Сахалин (Дорошевич)/Уроженцы острова Сахалин

Сахалин (Каторга) — Уроженцы острова Сахалин
автор Влас Михайлович Дорошевич
Опубл.: 1903. Источник: Новодворский В., Дорошевич В. Коронка в пиках до валета. Каторга. — СПб.: Санта, 1994. — 20 000 экз. — ISBN 5-87243-010-8. Сахалин (Дорошевич)/Уроженцы острова Сахалин в дореформенной орфографии


Одно лицо, посетив два года тому назад[1] пост Корсаковский, на юге Сахалина, захотело непременно увидеть:

— Уроженца острова Сахалина.

Ему привели двадцатилетнего парня, и «лицо» торжественно, всенародно расцеловало этого «уроженца».

Я не знаю, что именно привело его в такой восторг.

Он целовал, я полагаю, не этого несчастного парня, — он целовал ещё более несчастную идею о «сахалинской колонии».

Перед ним было живое олицетворение этой идеи, — свободный житель Сахалина, не привезённый сюда, а здесь родившийся, здесь выросший.

Я видел много этих «живых воплощений идеи колонизации».

Я видел уроженцев острова Сахалин на свободе, видел их в подследственных карцерах, видел в тюрьмах, отбывающими наказание за совершённые преступления, — и не скажу, чтобы они приводили меня в особый восторг.

Я рассказывал уже, как[2] отыскивал палача Комлева, закончившего уже свою деятельность, числящегося в богадельщиках и пришедшего в пост Александровский «на заработок», предвидевши казнь[2].

Комлев — знаменитый сахалинский палач. Без его участия совершено только 2 смертных казни на Сахалине. Он повесил 13 человек, специалист по этому делу и по его словам:

— Кроме Комлева, этого сделать никто не сумеет.

— Не знаешь ли, где бы мне найти Комлева? — обратился я к встречному поселенцу.[1]

— А вон, ваше высокоблагородие, — сказали мне, —[2] изволите видеть на конце улицы махонькую избушку. Туда и отправляйтесь. Он там у польки нанялся детей нянчить. Вешать да за детьми ходить, — больше ни на какую работу он, старый пёс, и не способен![2]

— Как детей нянчить?

— Так точно. Он пришёл Туманова вешать…

В то время прошел в каторге слух, что в Александровской тюрьме повесят бродягу Туманова. Туманов стрелял в одного из чиновников. Сахалин настаивал на казни «для острастки» каторги. Но этого не случилось: Туманов был помещён в психиатрическую больницу.

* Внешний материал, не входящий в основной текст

-- ===== src/Bytecode/Walk/Ends.antt =====
-- The walk ends: an address is entered once, and appends two items at most.
use gengo.Prelude.{
  ℕ, zero, suc, ◌+◌, ◌*◌, ◌≤◌, ◌<◌, ◌≡◌, inl, inr, refl, ap, ◌∙◌, List, [], ◌∷◌, ◌++◌, Bool, true,
  ◌&&◌, Option, none, some, arith, Bool-cases, length, length-append, length-replicate, replicate,
}
use gengo.Prelude.Updates.{set_elem, length-set_elem}
use gengo.Bytecode.Checked.{
  ok, refuse_if, invalid_bytecode, return_at_top_level, Answers, Answers-bind,
}
use gengo.Bytecode.Decoder.{Code, DecodedInstruction, decode_at}
use gengo.Bytecode.Decoder.Answers.{decode_at-Answers}
use gengo.Bytecode.Effect.{stack_effect}
use gengo.Bytecode.Effect.Answers.{stack_effect-Answers}
use gengo.Bytecode.Walk.{
  is_return_op, slot_is_bad, WorkItem, work_item, Visit, Entry, fall_through, to_target, branch,
  visit, depth_at, is_none, is_new, larger, walk, walk_fuel, run,
}
use gengo.Bytecode.Walk.Paths.{after, visit-Visited}

visit-Answers : (s : Code) (e : Entry) (at : WorkItem) → Answers (visit s e at)
unfolding visit
visit-Answers s e at = Answers-bind (decode_at s at.ip) _ (decode_at-Answers s at.ip) λ inst d.
    Answers-bind
      (refuse_if
        (slot_is_bad inst.op (s.byte (at.ip + 1)) (e.local_base + at.depth) e.upvalue_count)
        invalid_bytecode)
      _ (λ h. ground arith)
      λ _ slot.
        Answers-bind (stack_effect inst.op s.byte at.ip) _
          (stack_effect-Answers inst.op s.byte at.ip)
          λ effect m.
            Answers-bind (refuse_if (is_return_op inst.op && e.check_ret) return_at_top_level) _
              (λ h. ground arith) λ _ returns h. ground arith

-- A visit appends two items at most.
length-fall_through :
    (s : Code) (inst : DecodedInstruction) (ip d : ℕ) → length (fall_through s inst ip d) ≤ 1
unfolding fall_through
length-fall_through s inst ip d = ground arith

length-to_target : (t : Option ℕ) (d : ℕ) → length (to_target t d) ≤ 1
length-to_target none d = omega arith
length-to_target (some t) d = omega arith

length-branch : (inst : DecodedInstruction) (d : ℕ) → length (branch inst d) ≤ 1
unfolding branch
length-branch inst d = ground (arith, length-to_target inst.jump_target d)

visit-length :
    (s : Code) (e : Entry) (at : WorkItem) (v : Visit) → visit s e at ≡ ok v → length v.work ≤ 2
visit-length s e at v h =
    let d = visit-Visited s e at v h in
    let depth = after at d.effect in
    omega (
      arith,
      ap (λ (w : Visit). length w.work) d.same,
      length-append {0} (fall_through s d.inst at.ip depth) (branch d.inst depth),
      length-fall_through s d.inst at.ip depth,
      length-branch d.inst depth,
    )

-- The addresses that were not met.
abbrev unmet : List (Option ℕ) → ℕ
unmet [] = 0
unmet (none ∷ depths) = suc (unmet depths)
unmet (some d ∷ depths) = unmet depths

unmet-set_elem :
    (depths : List (Option ℕ)) (i d : ℕ)
    → i < length depths
    → is_none (depth_at depths i) ≡ true
    → unmet depths ≡ suc (unmet (set_elem depths i (some d)))
unmet-set_elem [] i d lt h = absurd (omega arith)
unmet-set_elem (none ∷ depths) zero d lt h = refl
unmet-set_elem (some x ∷ depths) zero d lt h = absurd (cc)
unmet-set_elem (none ∷ depths) (suc i) d lt h = ground (arith, unmet-set_elem depths i d)
unmet-set_elem (some x ∷ depths) (suc i) d lt h = unmet-set_elem depths i d (omega arith) h

unmet-replicate : (n : ℕ) → unmet (replicate n none) ≡ n
unmet-replicate zero = refl
unmet-replicate (suc n) = omega (arith, unmet-replicate n)

is_new-unmet :
    (s : Code) (starts : List Bool) (depths : List (Option ℕ)) (i d : ℕ)
    → length depths ≡ s.code_len
    → is_new s starts depths i ≡ true
    → unmet depths ≡ suc (unmet (set_elem depths i (some d)))
unfolding is_new
is_new-unmet s starts depths i d len new = unmet-set_elem depths i d (ground arith) (ground arith)

-- With a round for each item and two for each address that was not met, the walk is not cut off.
walk-Answers :
    (fuel : ℕ) (s : Code) (starts : List Bool) (e : Entry) (work : List WorkItem)
    (depths : List (Option ℕ)) (max : ℕ)
    → length depths ≡ s.code_len
    → length work + 2 * unmet depths ≤ fuel
    → Answers (walk fuel s starts e work depths max)
unfolding walk
walk-Answers zero s starts e [] depths max len enough = λ h. cc
walk-Answers (suc less) s starts e [] depths max len enough = λ h. cc
walk-Answers zero s starts e (at ∷ rest) depths max len enough = absurd (omega arith)
walk-Answers (suc less) s starts e (at ∷ rest) depths max len enough =
    elim (Bool-cases (is_new s starts depths at.ip)) [
      | inl new ↦ rw new (
          Answers-bind (visit s e at) _ (visit-Answers s e at) λ v visited.
            walk-Answers less s starts e (rest ++ v.work) (set_elem depths at.ip (some at.depth))
              (larger max v.new_depth) (length-set_elem depths at.ip (some at.depth) ∙ len)
              (omega (
                arith,
                length-append {0} rest v.work,
                visit-length s e at v visited,
                is_new-unmet s starts depths at.ip at.depth len new,
              )))
      | inr old ↦ rw old (walk-Answers less s starts e rest depths max len (omega arith))
    ]

pub run-Answers : (s : Code) (starts : List Bool) (e : Entry) → Answers (run s starts e)
unfolding run
run-Answers s starts e =
    walk-Answers (walk_fuel s) s starts e (work_item e.entry_ip 0 ∷ []) (replicate s.code_len none)
      0 (length-replicate s.code_len none) (omega (arith, unmet-replicate s.code_len))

Прослышав про казнь, Комлев явился в пост Александровский, чтобы заработать рубля три: без него повесить некому.

— Пришел вешать, а пока нанялся детей нянчить?!

— На какую он больше работу, старый пёс, способен![1]

В маленькой избушке возилась около печки рослая, здоровая баба. По углам пищали трое ребятишек.

— Посидите тут. Комлев с самым махоньким в фонд (казённая лавка) пошёл. Сейчас будет.

«Полька», крестьянка Гродненской губернии, отбывает ещё каторгу.

Она пришла сюда, — бабы особенно не любят сознаваться в преступлении, — «по подозрению в убийстве мужа».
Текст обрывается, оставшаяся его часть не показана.